━━━ THE RECORDS

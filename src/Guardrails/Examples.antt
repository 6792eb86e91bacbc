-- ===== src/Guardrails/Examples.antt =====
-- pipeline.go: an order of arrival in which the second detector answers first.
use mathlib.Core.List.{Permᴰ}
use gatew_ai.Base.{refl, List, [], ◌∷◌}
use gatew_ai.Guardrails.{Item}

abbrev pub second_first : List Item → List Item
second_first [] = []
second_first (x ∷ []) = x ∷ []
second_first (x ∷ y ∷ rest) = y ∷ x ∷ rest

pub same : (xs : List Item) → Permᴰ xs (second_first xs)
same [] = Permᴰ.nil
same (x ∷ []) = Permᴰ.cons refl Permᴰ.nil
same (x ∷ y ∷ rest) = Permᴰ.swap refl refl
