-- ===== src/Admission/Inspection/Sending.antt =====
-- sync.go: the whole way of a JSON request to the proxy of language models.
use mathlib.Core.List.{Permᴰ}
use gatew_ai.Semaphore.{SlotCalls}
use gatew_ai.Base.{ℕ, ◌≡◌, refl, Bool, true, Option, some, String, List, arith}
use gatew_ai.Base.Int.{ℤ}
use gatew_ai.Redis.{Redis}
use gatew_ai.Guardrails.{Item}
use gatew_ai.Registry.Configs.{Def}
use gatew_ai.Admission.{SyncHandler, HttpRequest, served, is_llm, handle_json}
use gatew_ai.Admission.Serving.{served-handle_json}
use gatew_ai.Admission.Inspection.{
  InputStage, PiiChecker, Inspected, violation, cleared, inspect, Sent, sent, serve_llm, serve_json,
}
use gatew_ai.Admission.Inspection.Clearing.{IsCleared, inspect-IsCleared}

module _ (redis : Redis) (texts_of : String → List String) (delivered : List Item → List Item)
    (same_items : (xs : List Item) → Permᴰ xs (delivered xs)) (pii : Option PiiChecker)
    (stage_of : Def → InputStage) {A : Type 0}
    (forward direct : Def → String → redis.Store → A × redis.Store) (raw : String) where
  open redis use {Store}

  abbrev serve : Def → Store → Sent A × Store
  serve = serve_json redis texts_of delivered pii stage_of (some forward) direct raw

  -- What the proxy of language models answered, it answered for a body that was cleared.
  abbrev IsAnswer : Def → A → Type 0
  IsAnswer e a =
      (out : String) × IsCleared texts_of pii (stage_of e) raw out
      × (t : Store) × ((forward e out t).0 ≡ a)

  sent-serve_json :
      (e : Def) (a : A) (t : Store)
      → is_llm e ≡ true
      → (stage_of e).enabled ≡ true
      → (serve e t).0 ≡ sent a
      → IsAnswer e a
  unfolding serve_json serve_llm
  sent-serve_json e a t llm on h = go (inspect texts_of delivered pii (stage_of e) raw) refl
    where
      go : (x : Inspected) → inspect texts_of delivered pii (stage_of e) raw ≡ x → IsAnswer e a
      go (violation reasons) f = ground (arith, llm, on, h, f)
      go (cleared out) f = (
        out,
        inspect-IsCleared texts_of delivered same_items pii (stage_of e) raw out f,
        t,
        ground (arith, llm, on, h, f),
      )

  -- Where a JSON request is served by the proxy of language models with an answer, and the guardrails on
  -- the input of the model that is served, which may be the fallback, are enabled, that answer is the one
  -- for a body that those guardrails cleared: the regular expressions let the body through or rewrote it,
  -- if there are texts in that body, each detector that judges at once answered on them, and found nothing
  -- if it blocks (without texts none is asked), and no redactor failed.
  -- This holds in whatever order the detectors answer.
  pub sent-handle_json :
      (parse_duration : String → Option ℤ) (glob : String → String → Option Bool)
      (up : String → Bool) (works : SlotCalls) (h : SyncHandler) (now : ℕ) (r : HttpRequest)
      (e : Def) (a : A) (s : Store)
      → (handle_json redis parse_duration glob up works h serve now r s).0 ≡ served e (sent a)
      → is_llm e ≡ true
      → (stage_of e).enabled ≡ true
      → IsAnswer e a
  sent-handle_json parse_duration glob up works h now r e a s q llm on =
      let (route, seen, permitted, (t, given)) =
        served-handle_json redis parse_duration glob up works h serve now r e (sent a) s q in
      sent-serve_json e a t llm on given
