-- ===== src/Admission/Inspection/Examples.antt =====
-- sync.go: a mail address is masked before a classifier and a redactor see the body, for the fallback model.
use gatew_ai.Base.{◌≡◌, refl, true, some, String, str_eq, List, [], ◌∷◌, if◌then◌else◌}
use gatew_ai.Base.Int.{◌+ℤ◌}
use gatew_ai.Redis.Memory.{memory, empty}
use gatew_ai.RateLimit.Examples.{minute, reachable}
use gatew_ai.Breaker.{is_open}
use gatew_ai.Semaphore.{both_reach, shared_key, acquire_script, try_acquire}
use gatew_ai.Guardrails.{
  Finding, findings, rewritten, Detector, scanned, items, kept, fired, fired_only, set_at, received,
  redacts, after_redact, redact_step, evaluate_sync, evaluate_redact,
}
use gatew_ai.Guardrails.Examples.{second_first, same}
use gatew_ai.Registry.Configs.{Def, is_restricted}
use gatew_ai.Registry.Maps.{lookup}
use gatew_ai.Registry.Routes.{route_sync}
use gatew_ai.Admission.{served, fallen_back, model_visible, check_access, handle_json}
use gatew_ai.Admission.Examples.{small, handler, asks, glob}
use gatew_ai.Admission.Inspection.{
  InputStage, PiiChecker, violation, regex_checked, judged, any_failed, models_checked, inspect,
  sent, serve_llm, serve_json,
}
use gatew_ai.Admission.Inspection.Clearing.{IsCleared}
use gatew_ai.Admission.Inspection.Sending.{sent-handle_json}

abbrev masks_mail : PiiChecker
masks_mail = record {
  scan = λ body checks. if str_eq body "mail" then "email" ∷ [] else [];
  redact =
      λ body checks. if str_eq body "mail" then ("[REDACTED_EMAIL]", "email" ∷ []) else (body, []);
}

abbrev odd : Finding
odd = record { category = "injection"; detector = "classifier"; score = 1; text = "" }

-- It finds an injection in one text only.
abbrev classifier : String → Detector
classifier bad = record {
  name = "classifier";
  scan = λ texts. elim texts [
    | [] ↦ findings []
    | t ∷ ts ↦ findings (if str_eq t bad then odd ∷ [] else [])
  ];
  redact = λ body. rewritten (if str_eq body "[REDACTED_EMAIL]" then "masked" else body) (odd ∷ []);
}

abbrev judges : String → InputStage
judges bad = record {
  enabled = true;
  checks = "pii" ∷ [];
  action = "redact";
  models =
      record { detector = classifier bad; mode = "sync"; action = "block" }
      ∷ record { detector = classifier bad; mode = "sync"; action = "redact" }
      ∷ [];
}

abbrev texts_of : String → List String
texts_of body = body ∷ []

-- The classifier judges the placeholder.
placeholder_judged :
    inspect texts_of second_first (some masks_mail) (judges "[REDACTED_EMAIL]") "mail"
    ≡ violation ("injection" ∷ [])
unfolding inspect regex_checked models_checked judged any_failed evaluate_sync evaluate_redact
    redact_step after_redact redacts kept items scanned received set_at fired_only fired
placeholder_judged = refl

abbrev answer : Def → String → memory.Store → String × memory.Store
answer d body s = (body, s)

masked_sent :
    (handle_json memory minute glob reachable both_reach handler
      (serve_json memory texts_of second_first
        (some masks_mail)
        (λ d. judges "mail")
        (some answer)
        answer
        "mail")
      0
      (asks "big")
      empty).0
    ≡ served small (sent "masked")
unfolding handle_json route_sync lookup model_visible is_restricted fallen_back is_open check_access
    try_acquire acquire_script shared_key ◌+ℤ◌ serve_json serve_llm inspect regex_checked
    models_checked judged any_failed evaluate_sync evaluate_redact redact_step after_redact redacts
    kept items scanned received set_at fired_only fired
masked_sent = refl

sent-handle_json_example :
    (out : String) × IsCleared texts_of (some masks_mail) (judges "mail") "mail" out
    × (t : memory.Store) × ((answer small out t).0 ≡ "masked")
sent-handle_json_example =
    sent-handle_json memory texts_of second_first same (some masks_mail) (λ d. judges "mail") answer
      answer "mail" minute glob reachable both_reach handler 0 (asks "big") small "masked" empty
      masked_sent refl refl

━━━━━━
━━━ THE RECORDS

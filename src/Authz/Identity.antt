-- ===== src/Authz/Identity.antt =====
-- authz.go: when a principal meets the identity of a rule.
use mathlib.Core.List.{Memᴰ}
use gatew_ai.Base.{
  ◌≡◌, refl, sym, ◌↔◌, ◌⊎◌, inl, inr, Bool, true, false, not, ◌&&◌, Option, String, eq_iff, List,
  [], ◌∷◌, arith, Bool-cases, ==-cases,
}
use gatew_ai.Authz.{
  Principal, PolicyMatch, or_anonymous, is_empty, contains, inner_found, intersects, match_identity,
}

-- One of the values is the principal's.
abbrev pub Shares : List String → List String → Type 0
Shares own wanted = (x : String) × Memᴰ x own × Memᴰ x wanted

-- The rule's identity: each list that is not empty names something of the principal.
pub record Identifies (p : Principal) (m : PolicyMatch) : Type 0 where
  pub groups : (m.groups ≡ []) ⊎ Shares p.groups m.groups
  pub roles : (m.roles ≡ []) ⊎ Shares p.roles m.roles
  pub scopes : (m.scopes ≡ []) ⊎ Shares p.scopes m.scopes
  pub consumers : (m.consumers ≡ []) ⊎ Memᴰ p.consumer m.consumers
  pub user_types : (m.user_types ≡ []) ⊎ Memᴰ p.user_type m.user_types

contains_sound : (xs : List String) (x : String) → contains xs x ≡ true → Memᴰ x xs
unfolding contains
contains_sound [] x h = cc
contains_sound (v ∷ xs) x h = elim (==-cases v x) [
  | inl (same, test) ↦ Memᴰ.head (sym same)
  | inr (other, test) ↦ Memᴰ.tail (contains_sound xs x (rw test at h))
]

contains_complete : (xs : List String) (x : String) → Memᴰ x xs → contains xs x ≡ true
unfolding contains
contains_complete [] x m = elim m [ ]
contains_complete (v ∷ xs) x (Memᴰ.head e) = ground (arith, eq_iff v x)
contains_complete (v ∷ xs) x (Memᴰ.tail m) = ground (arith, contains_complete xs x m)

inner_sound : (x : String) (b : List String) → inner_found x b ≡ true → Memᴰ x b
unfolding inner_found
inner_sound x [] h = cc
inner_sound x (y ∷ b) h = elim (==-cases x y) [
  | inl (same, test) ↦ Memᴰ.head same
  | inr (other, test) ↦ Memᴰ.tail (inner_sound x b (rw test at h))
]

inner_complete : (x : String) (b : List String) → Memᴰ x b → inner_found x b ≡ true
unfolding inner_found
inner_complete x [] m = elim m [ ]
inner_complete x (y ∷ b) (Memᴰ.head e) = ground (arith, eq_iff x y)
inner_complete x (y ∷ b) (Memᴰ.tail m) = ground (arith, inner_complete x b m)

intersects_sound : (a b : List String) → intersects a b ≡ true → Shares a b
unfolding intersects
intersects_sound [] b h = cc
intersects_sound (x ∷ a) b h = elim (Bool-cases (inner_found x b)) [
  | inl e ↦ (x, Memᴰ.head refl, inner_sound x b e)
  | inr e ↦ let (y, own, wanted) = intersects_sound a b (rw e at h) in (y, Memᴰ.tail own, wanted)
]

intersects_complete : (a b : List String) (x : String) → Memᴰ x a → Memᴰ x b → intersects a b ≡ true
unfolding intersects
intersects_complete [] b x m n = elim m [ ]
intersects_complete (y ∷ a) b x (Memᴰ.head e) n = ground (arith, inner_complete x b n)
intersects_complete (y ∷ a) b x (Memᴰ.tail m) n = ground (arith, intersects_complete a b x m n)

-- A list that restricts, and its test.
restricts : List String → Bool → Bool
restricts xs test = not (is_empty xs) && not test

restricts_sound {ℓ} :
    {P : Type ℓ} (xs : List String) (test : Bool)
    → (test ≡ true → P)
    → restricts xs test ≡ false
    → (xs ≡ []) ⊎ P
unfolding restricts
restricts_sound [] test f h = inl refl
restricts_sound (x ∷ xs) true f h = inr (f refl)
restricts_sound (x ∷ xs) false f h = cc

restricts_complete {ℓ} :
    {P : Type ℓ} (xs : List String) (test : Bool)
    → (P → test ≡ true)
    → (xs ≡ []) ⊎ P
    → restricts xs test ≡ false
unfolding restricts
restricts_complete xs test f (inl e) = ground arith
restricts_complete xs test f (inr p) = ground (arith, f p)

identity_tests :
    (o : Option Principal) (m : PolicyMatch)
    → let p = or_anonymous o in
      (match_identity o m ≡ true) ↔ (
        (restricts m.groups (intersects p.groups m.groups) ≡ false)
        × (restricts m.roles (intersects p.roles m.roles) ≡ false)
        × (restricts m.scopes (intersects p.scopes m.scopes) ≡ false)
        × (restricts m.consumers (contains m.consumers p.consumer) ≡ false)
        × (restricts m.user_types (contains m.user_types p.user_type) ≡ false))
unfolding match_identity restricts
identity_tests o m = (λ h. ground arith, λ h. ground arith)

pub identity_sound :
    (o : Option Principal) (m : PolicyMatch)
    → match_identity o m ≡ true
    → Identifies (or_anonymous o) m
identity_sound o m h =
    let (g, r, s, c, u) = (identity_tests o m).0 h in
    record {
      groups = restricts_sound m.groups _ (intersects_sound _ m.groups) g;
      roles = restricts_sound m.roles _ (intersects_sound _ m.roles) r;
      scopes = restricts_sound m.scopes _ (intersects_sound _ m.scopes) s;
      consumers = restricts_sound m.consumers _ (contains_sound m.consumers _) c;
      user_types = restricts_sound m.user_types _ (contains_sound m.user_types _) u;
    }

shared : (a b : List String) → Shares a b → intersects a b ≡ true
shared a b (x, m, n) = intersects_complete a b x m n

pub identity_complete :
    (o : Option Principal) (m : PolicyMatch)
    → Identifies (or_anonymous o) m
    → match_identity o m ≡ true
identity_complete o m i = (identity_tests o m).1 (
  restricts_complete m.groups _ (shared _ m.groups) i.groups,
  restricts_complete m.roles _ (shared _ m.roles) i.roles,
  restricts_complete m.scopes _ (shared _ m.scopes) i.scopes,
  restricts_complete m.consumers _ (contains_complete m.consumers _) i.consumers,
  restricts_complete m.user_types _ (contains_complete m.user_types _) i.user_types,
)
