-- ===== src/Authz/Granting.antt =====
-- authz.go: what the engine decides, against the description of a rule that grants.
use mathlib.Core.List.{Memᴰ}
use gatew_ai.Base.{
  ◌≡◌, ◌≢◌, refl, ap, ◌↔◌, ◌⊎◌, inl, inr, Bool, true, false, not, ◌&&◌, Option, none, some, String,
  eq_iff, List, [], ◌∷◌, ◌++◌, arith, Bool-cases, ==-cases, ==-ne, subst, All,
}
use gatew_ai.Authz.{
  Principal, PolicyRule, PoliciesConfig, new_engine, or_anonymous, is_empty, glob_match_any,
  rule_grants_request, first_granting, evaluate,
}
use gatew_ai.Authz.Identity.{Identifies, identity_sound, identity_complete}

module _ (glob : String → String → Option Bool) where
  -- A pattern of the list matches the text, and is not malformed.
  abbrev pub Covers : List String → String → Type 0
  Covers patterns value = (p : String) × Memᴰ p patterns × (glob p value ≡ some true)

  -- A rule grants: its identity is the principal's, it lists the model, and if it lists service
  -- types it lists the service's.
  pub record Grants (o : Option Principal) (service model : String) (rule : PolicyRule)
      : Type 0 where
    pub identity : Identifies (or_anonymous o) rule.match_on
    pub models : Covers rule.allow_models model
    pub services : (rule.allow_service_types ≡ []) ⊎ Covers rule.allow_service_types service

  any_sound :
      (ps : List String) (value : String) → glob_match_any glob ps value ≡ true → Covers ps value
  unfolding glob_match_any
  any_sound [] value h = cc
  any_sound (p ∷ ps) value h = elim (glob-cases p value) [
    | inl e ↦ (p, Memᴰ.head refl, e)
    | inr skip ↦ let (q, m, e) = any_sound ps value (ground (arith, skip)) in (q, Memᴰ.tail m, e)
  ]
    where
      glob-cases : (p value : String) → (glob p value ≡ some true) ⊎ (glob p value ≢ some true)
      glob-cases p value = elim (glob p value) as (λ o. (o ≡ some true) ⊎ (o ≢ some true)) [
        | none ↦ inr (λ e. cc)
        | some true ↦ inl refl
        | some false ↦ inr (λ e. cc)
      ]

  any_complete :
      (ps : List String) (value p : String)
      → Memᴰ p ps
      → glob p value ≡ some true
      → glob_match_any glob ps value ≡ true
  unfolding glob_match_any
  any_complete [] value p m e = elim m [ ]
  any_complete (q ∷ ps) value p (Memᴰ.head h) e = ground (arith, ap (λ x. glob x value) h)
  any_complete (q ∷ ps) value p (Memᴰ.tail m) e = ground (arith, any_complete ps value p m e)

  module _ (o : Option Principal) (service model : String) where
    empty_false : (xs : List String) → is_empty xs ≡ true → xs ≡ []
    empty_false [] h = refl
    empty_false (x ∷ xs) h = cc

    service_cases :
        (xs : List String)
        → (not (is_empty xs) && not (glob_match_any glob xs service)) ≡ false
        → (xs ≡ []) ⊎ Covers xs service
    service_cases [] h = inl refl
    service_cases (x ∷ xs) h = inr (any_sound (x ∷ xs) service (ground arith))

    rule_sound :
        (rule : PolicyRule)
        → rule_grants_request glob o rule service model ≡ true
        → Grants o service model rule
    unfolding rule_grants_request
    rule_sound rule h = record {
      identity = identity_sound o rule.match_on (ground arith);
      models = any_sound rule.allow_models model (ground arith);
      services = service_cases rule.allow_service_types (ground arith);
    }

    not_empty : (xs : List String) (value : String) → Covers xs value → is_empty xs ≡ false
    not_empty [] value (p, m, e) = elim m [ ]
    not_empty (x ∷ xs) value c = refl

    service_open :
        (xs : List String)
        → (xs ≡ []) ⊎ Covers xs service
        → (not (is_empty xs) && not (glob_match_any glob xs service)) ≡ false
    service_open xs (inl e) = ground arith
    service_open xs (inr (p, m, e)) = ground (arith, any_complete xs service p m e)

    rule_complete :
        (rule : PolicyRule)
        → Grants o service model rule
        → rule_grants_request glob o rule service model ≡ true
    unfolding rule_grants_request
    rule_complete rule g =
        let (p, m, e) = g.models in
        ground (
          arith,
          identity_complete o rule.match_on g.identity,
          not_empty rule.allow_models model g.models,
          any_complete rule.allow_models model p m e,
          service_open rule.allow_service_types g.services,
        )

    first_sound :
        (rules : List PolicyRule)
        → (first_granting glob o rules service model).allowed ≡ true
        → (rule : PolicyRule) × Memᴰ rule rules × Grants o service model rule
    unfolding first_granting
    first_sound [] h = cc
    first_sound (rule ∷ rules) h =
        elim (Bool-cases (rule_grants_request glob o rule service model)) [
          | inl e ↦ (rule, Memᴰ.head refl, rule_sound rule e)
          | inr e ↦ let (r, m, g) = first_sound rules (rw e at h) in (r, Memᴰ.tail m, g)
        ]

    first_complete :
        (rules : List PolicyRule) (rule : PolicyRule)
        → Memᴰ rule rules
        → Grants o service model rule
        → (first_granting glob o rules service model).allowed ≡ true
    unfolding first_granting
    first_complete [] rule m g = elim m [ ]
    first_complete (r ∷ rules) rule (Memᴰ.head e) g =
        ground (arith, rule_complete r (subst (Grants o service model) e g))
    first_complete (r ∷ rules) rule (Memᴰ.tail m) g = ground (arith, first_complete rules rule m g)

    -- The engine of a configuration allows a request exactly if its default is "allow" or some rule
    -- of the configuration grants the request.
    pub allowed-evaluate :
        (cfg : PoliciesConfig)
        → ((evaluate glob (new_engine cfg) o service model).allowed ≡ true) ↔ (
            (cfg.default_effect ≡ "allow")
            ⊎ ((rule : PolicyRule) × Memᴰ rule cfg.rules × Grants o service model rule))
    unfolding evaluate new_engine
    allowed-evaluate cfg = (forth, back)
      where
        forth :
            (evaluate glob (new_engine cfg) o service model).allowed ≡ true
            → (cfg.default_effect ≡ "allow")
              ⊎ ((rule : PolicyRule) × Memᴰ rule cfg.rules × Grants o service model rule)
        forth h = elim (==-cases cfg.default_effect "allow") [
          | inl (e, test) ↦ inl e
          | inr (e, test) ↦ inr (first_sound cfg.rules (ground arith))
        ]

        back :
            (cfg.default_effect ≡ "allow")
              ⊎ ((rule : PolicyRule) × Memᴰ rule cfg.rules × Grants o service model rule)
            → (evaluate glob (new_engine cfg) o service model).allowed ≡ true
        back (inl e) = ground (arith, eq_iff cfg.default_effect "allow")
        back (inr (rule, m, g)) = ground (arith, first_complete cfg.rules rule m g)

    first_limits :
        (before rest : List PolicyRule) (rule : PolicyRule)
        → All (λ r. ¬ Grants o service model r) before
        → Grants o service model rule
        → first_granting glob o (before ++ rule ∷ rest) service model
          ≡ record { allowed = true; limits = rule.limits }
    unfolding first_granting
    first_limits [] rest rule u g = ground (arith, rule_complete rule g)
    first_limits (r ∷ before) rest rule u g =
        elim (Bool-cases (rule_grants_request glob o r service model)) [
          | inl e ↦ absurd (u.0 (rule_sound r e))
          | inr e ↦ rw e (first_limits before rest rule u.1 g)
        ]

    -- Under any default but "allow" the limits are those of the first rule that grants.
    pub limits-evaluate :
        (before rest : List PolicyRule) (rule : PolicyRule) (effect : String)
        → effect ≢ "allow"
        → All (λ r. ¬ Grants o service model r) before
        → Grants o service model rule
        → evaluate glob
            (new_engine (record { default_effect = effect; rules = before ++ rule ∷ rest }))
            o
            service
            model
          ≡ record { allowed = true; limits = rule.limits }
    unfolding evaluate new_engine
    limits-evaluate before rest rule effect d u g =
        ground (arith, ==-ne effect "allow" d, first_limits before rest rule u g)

━━━━━━

▶ [INSTRUCTIONS FOR THE TASK]
Show all lines from the data that contain "action".

▶ [PROBLEM SOLUTION]
  action = "redact";
      record { detector = classifier bad; mode = "sync"; action = "block" }
      ∷ record { detector = classifier bad; mode = "sync"; action = "redact" }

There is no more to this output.